In order for you to retain the liquidity advantage that this construction is to bring you, the repayment of the collateral loan – which has gradually increased – only begins after the full loan has been repaid. If you have your house bank draw up an interest and repayment plan for the repayment phase of the general loan, you can use this to better plan the respective due rates.

The total expenditure for construction and collateral loans

The total expenditure for construction and collateral loans

Calculate the total expenditure for your financing. For the development loan and the subsequent collateral loan, you come to $ 480,977. (Calculation of the total interest expense for an ERP construction loan with subsequent collateral loan)

For your own interest, you can still calculate how high your interest expense would have been if you had also processed the amount of the collateral loan for the repayment phase using a current account credit with 9.5% interest. Have your house bank draw up an interest and repayment plan for it and ask them to use an interest rate of 9.5%.

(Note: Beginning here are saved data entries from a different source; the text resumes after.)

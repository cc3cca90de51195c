-- ===== src/Server/Looks/Safety.antt =====
-- What the tools that ask no policy hand to the transport.
use outlook_agent.Prelude.{All, Any, List, String, [], refl, true, ◌++◌, ◌∷◌, ◌≡◌}
use outlook_agent.Prelude.Text.{trim_space, is_blank}
use outlook_agent.Cursor
use outlook_agent.Manifest
use outlook_agent.Value.{end, field, text}
use outlook_agent.Server.Handlers.{profile_or_default, with_mailbox}
use outlook_agent.Catalogue.Classes.{
  is_harmless, is_known, tables, ungated-is_harmless, ungated-is_known,
}
use outlook_agent.Server.{ActionRequest, Runtime, State, search_cursor_lease_ttl}
use outlook_agent.Server.Reads.{
  auth_check, calendar_availability, calendar_find_time, calendar_list, create_draft,
  create_forward_draft, create_reply_all_draft, create_reply_draft, fetch_attachment, fetch_body,
  fetch_metadata, list_attachments, people_resolve, people_search, rules_list, run_direct,
  settings_get,
}
use outlook_agent.Server.Search.{mail_search, mail_search_next, search_scope}
use outlook_agent.Server.Bodies.{mail_audit_manifest_bodies, mail_fetch_bodies}
use outlook_agent.Server.Looks.{
  IsUngated, Look, OnlyAsks, attachments, auth_checked, bodies, body, draft, events, forward,
  free_slots, free_windows, look, manifest_bodies, metadata, one_attachment, people, person, reply,
  reply_all, rules, search, search_next, settings,
}
use outlook_agent.Server.Looks.Asks.{
  OnlyAsks-if, OnlyAsks-none, OnlyAsks-one, OnlyAsks-refl, audit_found-OnlyAsks,
  fetch_bodies-OnlyAsks, leased-OnlyAsks, searched_run-OnlyAsks,
}

module _ (r : Runtime) where
  auth_check-OnlyAsks : (profile : String) (s : State r) → OnlyAsks s (auth_check r profile s).1
  unfolding auth_check
  auth_check-OnlyAsks profile s =
      let ran = r.client.authenticate (profile_or_default r profile) s.world in
      OnlyAsks-none r ran.1 s.cursors s.manifests s.ticks s.draws s

  pub look-OnlyAsks : (k : Look) (s : State r) → OnlyAsks s (look r k s)
  unfolding look run_direct fetch_metadata fetch_body list_attachments fetch_attachment create_draft
      create_reply_draft create_reply_all_draft create_forward_draft rules_list settings_get
      people_search people_resolve calendar_list calendar_availability calendar_find_time
      mail_search mail_search_next mail_fetch_bodies mail_audit_manifest_bodies
  look-OnlyAsks (auth_checked profile) s = auth_check-OnlyAsks profile s
  look-OnlyAsks (search i) s =
      searched_run-OnlyAsks r i
        (with_mailbox (field "query" (text i.query) (field "folder" (text i.folder) end)) i.mailbox)
        s
  look-OnlyAsks (search_next cursor) s = leased-OnlyAsks r s (
      Cursor.lease_scoped (r.random s.draws) (search_scope r) cursor search_cursor_lease_ttl
        (r.clock s.ticks) s.cursors)
  look-OnlyAsks (metadata id mailbox) s = OnlyAsks-one r _ _ s refl
  look-OnlyAsks (body id mailbox) s = OnlyAsks-one r _ _ s refl
  look-OnlyAsks (bodies ids max mailbox) s =
      fetch_bodies-OnlyAsks r ids max mailbox "outlook.mail_fetch_bodies requires ids" s
  look-OnlyAsks (manifest_bodies id max mailbox) s =
      OnlyAsks-if r (is_blank id) s _ _ (OnlyAsks-refl r s) (
        audit_found-OnlyAsks r max (trim_space mailbox) s
          (Manifest.get (trim_space id) (r.clock s.ticks) s.manifests))
  look-OnlyAsks (attachments id mailbox) s = OnlyAsks-one r _ _ s refl
  look-OnlyAsks (one_attachment id part mailbox) s = OnlyAsks-one r _ _ s refl
  look-OnlyAsks (draft subject content to mailbox) s = OnlyAsks-one r _ _ s refl
  look-OnlyAsks (reply id content mailbox) s = OnlyAsks-one r _ _ s refl
  look-OnlyAsks (reply_all id content mailbox) s = OnlyAsks-one r _ _ s refl
  look-OnlyAsks (forward id content to mailbox) s = OnlyAsks-one r _ _ s refl
  look-OnlyAsks (rules folder mailbox) s = OnlyAsks-one r _ _ s refl
  look-OnlyAsks (settings name mailbox) s = OnlyAsks-one r _ _ s refl
  look-OnlyAsks (people query mailbox) s = OnlyAsks-one r _ _ s refl
  look-OnlyAsks (person query mailbox) s = OnlyAsks-one r _ _ s refl
  look-OnlyAsks (events i) s = OnlyAsks-one r _ _ s refl
  look-OnlyAsks (free_windows i) s = OnlyAsks-one r _ _ s refl
  look-OnlyAsks (free_slots i) s = OnlyAsks-one r _ _ s refl

  -- some transport announces the action of the request, and if the runtime's does, the policy lets its
  -- class run directly
  abbrev pub IsHarmless : ActionRequest → Type 0
  IsHarmless q = (is_known q.name ≡ true) × (is_harmless r.client.capabilities q.name ≡ true)

  module _ (known : Any (λ t. r.client.capabilities ≡ t) tables) where
    ungated-AreHarmless : (qs : List ActionRequest) → All IsUngated qs → All IsHarmless qs
    ungated-AreHarmless [] h = tt
    ungated-AreHarmless (q ∷ qs) h = (
      (ungated-is_known q.name h.0, ungated-is_harmless r.client.capabilities q.name known h.0),
      ungated-AreHarmless qs h.1,
    )

    -- With the Graph, OWA or EWS transport or the test double, a tool that only reads or drafts
    -- executes nothing through the gate, records no audit event, and leaves the confirmation tokens
    -- and the approval challenges as they are. Each request that it hands to the transport is for
    -- an action that at least one of these transports announces, and if this one announces it, then
    -- under a class that the policy lets run directly once the target is named.
    pub look_only_asks :
        (k : Look) (s : State r)
        → ((look r k s).executed ≡ s.executed)
          × ((look r k s).audit ≡ s.audit)
          × ((look r k s).confirms ≡ s.confirms)
          × ((look r k s).approvals ≡ s.approvals)
          × ((asked : List ActionRequest) × ((look r k s).direct ≡ s.direct ++ asked)
              × All IsHarmless asked)
    look_only_asks k s =
        let h = look-OnlyAsks k s in
        (
          h.executed,
          h.audit,
          h.confirms,
          h.approvals,
          (h.asked, h.direct, ungated-AreHarmless h.asked h.ungated),
        )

Interest and repayment plan for the repayment of a current account credit in the manner of a repayment loan

Loan amount $ 250,000; Interest rate 9.5% pa, term 10 years (The simplified representation shows the annual values ​​for better clarity. However, the calculations are based on a six-monthly payment rhythm).

What you should consider when negotiating an emergency loan

What you should consider when negotiating an emergency loan

Determine the amount of your loan repayments for loans with repayment periods only based on the repayment period and not on the entire term of the loan. Use a cash flow calculation to determine which loan repayment your facility really makes. Measure the amount of your collateral loan so that you do not need an additional current account credit. As a matter of principle, negotiate with your bank about a special loan for public promotional loans, regardless of whether you currently need it or not. Create a liquidity reserve with the collateral loan. If the interest is low, remember to agree on a fixed interest rate for the collateral loan. Try to enforce an unscheduled repayment clause at your bank for the emergency loan too. For the loan term, use the economic useful life of the financial items as a guide.